Ever since AstraZeneca licensed the experimental MEK 1/2 inhibitor selumetinib from Array BioPharma in 2003, the drug has been nothing but trouble, failing multiple cancer trials and landing at the center of a royalty dispute.
Now the British drugmaker finally has some good news about it.
On Thursday, the FDA granted priority review to selumetinib to treat children with the rare neurological disorder neurofibromatosis type 1. The FDA should make a ruling on the drug in the second quarter of 2020, according to an announcement from AZ, which is co-developing the product with Merck & Co.
The approval would cover NF1 patients who've developed plexiform neurofibromas, a type of tumor associated with the disease, that cannot be treated with surgery. The condition is inherited and it is rare, affecting about one in every 3,000 or 4,000 people.
AZ and Merck submitted selumetinib for FDA approval based on a phase 2 trial in which 66% of patients had a complete or partial response to the therapy, which is a twice-daily pill. The FDA has also given the drug its coveted “breakthrough therapy” and orphan designations, solidifying a speedy review and the potential for seven years of market exclusivity in NF1.
That would be a welcome reprieve from all the hassles AZ has faced with selumetinib. The drug proved ineffective in a phase 3 trial in KRAS mutation-positive non-small cell lung cancer (NSCLC), and also in metastatic uveal melanoma when combined with the chemotherapy medicine dacarbazine.
AstraZeneca had obtained orphan designation for selumetinib in thyroid cancer, but that pursuit fell short, too. Last July, AZ announced that the trial of the drug in thyroid cancer did not meet its primary endpoint and that the phase 3 in that indication would be axed.
AZ hasn’t completely given up on selumetinib in cancer, however. Its pipeline lists two ongoing oncology trials involving the drug: a phase 1 study of selumetinib combined with Imfinzi, AZ’s PD-L1 inhibitor, in solid tumors, and a phase 2 combining either it or a MET inhibitor with the company’s Tagrisso in EGFR-mutated NSCLC.

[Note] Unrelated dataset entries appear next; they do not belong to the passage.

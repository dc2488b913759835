-- ===== src/Plugin/Lifecycle/Opening.antt =====
-- What is seen of a plugin that has just started.
use samp_plugin_api.Prelude.{Bool, ◌≡◌, sym, []}
use samp_plugin_api.Env.{Env}
use samp_plugin_api.Session.Serving.{Gate}
use samp_plugin_api.Server.{Server}
use samp_plugin_api.Server.Game.{Game, clients_of, game, gate_of}
use samp_plugin_api.Globals.{Globals, live, endpoint_of, Runs}
use samp_plugin_api.Plugin.{Surroundings}
use samp_plugin_api.Plugin.Liveness.{CanStart, fresh, greet, opened}
use samp_plugin_api.Plugin.Lifecycle.Access.{IsConfigured}

live-injective : {A : Type 0} {x y : A} → live x ≡ live y → x ≡ y
live-injective e = cc

module _ {World Float Fs Sink : Type 0} (env : Env World Float) (around : Surroundings Fs Sink)
    (c : CanStart env around) where
  -- What the game server sees of a plugin that has just started.
  abbrev pub opening : Bool → World → Game World
  opening ready world = record {
    ready = ready;
    players = [];
    clients = [];
    next = 0;
    world = greet env around c world;
  }

  -- The whitelist, the password and the seed of `server.cfg`.
  abbrev pub gate_of_file : Gate
  gate_of_file = record { config = c.config; password = c.password; seed = c.seed }

  pub game-opened :
      (before : Globals World Sink) (s : Server World)
      → Runs (opened env around c before) s
      → game s ≡ opening before.ready before.world
  game-opened before s h =
      let e : fresh env around c ≡ endpoint_of s = live-injective h.endpoint in
      sym (λ i. record {
        ready = h.ready i;
        players = live-injective h.players i;
        clients = clients_of (e i).manager.heap;
        next = (e i).next;
        world = h.world i;
      })

  pub gate-IsConfigured :
      (s : Server World) → IsConfigured env around c s → gate_of s ≡ gate_of_file
  gate-IsConfigured s k i = record { config = k.config i; password = k.password i; seed = k.seed i }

It isn’t clear exactly why selumetinib has been a disappointment in cancer, but one academic team recently teamed up with AstraZeneca to try to figure that out. In May, researchers at the U.K.-based Babraham Institute released a study showing how cancer cells are able to avoid destruction with selumetinib. Interestingly, they also discovered that the same strategy causes cancer cells to die—but not until the drug therapy is stopped.
Amid all the work to try to make selumetinib a success, a legal battle broke out between Array, AZ and Merck. Last year, Array sued AZ for breach of contract, alleging that the British drug giant owes $192 million in royalties on selumetinib stemming from the Merck partnership, which could be worth up to $8.5 billion.
Rare diseases can be lucrative for drug companies, so it’s no surprise AZ and Merck have some competition brewing in NF1-PN. In September, SpringWorks Therapeutics pulled off a $162 million initial public offering with plans to advance its MEK inhibitor mirdametinib through late-stage clinical trials in NF1-PN. The company, a Pfizer spinoff, had previously raised $228 million in venture capital.